The 2025 main project Heliographic Garden invites the audience to step into the enchanted Umwelt of photomedia. The project addresses cultural techniques, conceptions and pictorial operations underlying the spell of analogue photography. 


2025   Programme, schedule and events


 



THE HELIOGRAPHIC GARDEN


Generated by means of various cameraless techniques, the project creates endemic visual realities and medium-specific temporalities that challenge the spectator’santhropoid vantage point. In so doing, it enables us not only to transcend the human sensorium but also to reflect on alternative subjectivities and registers of materiality brought about by photographic mediations.


 

Cameraless Space and Time – reflecting fixity and transience


 

Drawing from Jacob von Uexküll’s theories of the Umwelt, the project targets the “ecology” of analogue photography. Uexküll’s concepts of “perception time” and “effect space” are applied to study the silver-based materials as living fabrics of spatial and temporal becoming.

 

All the artworks are produced by placing objects of the natural world (plants, dead insects or soil) in direct contact with light sensitive surfaces, such as photographic papers, films or cyanotypes. The cameraless method implicated is informed by the artist-researcher Karel Doing’s Phytograms, a cinematographic technique and community film practice that makes use of organic chemistry and analogue film stock to create moving images of plants. Embracing Doing’s experimental method Tuula Närhinen set out to further develop the technique to include still images on colour printout paper.

 

In today’s realm of digital photography, these analogue materials have become obsolete and can therefore often be found second hand by crowdsourcing photographers’ leftover stocks of expired films and papers. The photograms feature quirky spatial illusions, marked by the contrast between the contact print’s sharp details and the shadowy outlines in the background. The 1:1 renderings mediate surprisingly vivid impressions of depth, even though they are produced without lenses nor any camera equipment simply by implementing a light sensitive surface which flattens the world onto a picture plane.

 

The project asks how do different papers and films “see” colours of the natural world? Närhinen’s photograms are contingent on several unpredictable factors such as the differences between emulsions, moisture, the length and strength of exposure as well as hazardous chemical reactions. Some of the negatives are left unprocessed after the exposure while others are treated with potassium hexacyanoferrate and/or ammonium thiosulfate (= fixing agent) to enhance the colours and to prevent the negatives from darkening. The results are listed according to the commercial brand and type of the paper stock utilised in their making. For example, a photogram entitled the Meadow July 2024, Kodak Supra Endura (2010), is executed on a 51x105cm piece of Supra Endura roll paper whose emulsion expired in 2010.
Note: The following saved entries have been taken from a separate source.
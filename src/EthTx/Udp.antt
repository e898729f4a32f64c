-- ===== src/EthTx/Udp.antt =====
-- The builder of UDP broadcasts in src/eth_tx.rs, in the scratch buffer.
pub mod Checksum
pub mod Layout
pub mod Built
pub mod Valid
pub mod Frame
use pico_10base_t_rs.Prelude.{
  ℕ, zero, suc, ◌+◌, ◌-◌, ◌*◌, ◌/◌, ◌%◌, ◌^◌, Bool, List, [], ◌∷◌, ◌++◌, leb, ◌==◌, if◌then◌else◌,
  length, replicate, take, slice, rd16, be16, write_at,
}
use pico_10base_t_rs.Prelude.Checked.{Checked, ok, fault, ◌>>=◌}
use pico_10base_t_rs.Crc.{crc32_ieee802_3}
use pico_10base_t_rs.EthTx.{EthTx, write_words}
use pico_10base_t_rs.EthTx.Send.{le32, tp_idl, ifg, encode, sense}

pub record UdpEndpoint : Type 0 where
  pub src_mac : List ℕ
  pub dst_mac : List ℕ
  pub src_ip : List ℕ
  pub dst_ip : List ℕ
  pub src_port : ℕ
  pub dst_port : ℕ

abbrev pub max_tx_frame : ℕ
max_tx_frame = 1526

abbrev pub sum_words : List ℕ → ℕ
sum_words [] = 0
sum_words (w ∷ words) = w + sum_words words

-- The loop that folds the carries back, with its rounds left.
unfoldable pub fold_carries : ℕ → ℕ → ℕ
fold_carries zero sum = sum
fold_carries (suc left) sum =
    let rest = fold_carries left (sum % 2 ^ 16 + sum / 2 ^ 16) in
    if sum / 2 ^ 16 == 0 then sum else rest

-- The 32-bit sum never wraps on fewer than 2^16 words, and then three rounds end the loop.
unfoldable pub ipv4_checksum : List ℕ → ℕ
ipv4_checksum words = 2 ^ 16 - 1 - fold_carries 3 (sum_words words % 2 ^ 32) % 2 ^ 16

-- `out[i..i + bytes.len()].copy_from_slice(bytes)`, which panics past the end.
unfoldable pub copy_at : List ℕ → ℕ → List ℕ → Checked (List ℕ)
copy_at out i bytes =
    if leb (i + length bytes) (length out) then ok (write_at out i bytes) else fault

abbrev pub header_words : List ℕ → ℕ → ℕ → List ℕ
header_words out zero i = []
header_words out (suc left) i = rd16 out i ∷ header_words out left (i + 2)

-- The writes up to the end of the IP header, with 0 for its checksum.
unfoldable pub write_headers : UdpEndpoint → ℕ → List ℕ → ℕ → Checked (List ℕ)
write_headers ep udp_len out ip_id = do
  let ip_total_len = 20 + udp_len
  out ← copy_at out 0 (replicate 7 0x55 ++ (0xD5 ∷ []))
  out ← copy_at out 8 ep.dst_mac
  out ← copy_at out 14 ep.src_mac
  out ← copy_at out 20 (0x08 ∷ 0x00 ∷ [])
  out ← copy_at out 22 (0x45 ∷ 0x00 ∷ [])
  out ← copy_at out 24 (be16 ip_total_len)
  out ← copy_at out 26 (be16 ip_id)
  out ← copy_at out 28 (0x40 ∷ 0x00 ∷ 0x40 ∷ 0x11 ∷ 0 ∷ 0 ∷ [])
  out ← copy_at out 34 ep.src_ip
  copy_at out 38 ep.dst_ip

-- The writes behind the IP header, with the FCS, and the number of bytes.
unfoldable pub write_datagram : UdpEndpoint → List ℕ → ℕ → List ℕ → Checked (List ℕ × ℕ)
write_datagram ep payload udp_len out = do
  out ← copy_at out 42 (be16 ep.src_port)
  out ← copy_at out 44 (be16 ep.dst_port)
  out ← copy_at out 46 (be16 udp_len)
  out ← copy_at out 48 (0 ∷ 0 ∷ [])
  out ← copy_at out 50 payload
  let end = 50 + length payload
  out ← copy_at out end (le32 (crc32_ieee802_3 (slice out 8 end)))
  ok (out, end + 4)

-- The bytes of the frame in `out`, and their number.
unfoldable pub build_eth_ipv4_udp_frame : UdpEndpoint → List ℕ → List ℕ → ℕ → Checked (List ℕ × ℕ)
build_eth_ipv4_udp_frame ep payload out ip_id = do
  let udp_len = (length payload + 8) % 2 ^ 16
  out ← write_headers ep udp_len out ip_id
  out ← copy_at out 32 (be16 (ipv4_checksum (header_words out 10 22)))
  write_datagram ep payload udp_len out

-- The state and the scratch buffer after a broadcast.
unfoldable pub send_udp_broadcast :
    Bool → (ℕ → Bool) → UdpEndpoint → List ℕ → EthTx → List ℕ → Checked (EthTx × List ℕ)
send_udp_broadcast full_duplex carrier ep payload s raw_frame = do
  built ← build_eth_ipv4_udp_frame ep payload raw_frame s.ip_identifier
  let s' : EthTx = record s { ip_identifier = (s.ip_identifier + 1) % 2 ^ 16 }
  ok (
    write_words (encode (take (built.1) (built.0)) ++ (tp_idl ∷ []) ++ ifg)
        (sense full_duplex carrier s'),
    built.0,
  )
Following Uexküll’s account, the work explores evanescent phenomena related to the non-human perception of time. Digital animations based on insect imprints registered on film will be displayed at various frame rates. The clips are viewed from discarded cell phones’ tiny lcd-screens, converted into nimble media players by uploading a program that loops the moving images. The temporal dimension is also addressed through still photograms that highlight seasonal changes and plant growth.

 

 

 

2025 Project Calender


Exhibition


19.10.2024 - 26.1.2025

Lithological Studies


Site-specific installation and solo exhibition at

the Gotland's Museum

The Historical Museum (Strandgatan 14, Visby)


Conference paper


16.-19.6.2025

ISCH 2025 Rovaniemi

International Conference on Cultural History

17th Annual Conference of the International Society for Cultural History

Panel # 9 "Investigating human-nonhuman entanglement through approaches in artistic research"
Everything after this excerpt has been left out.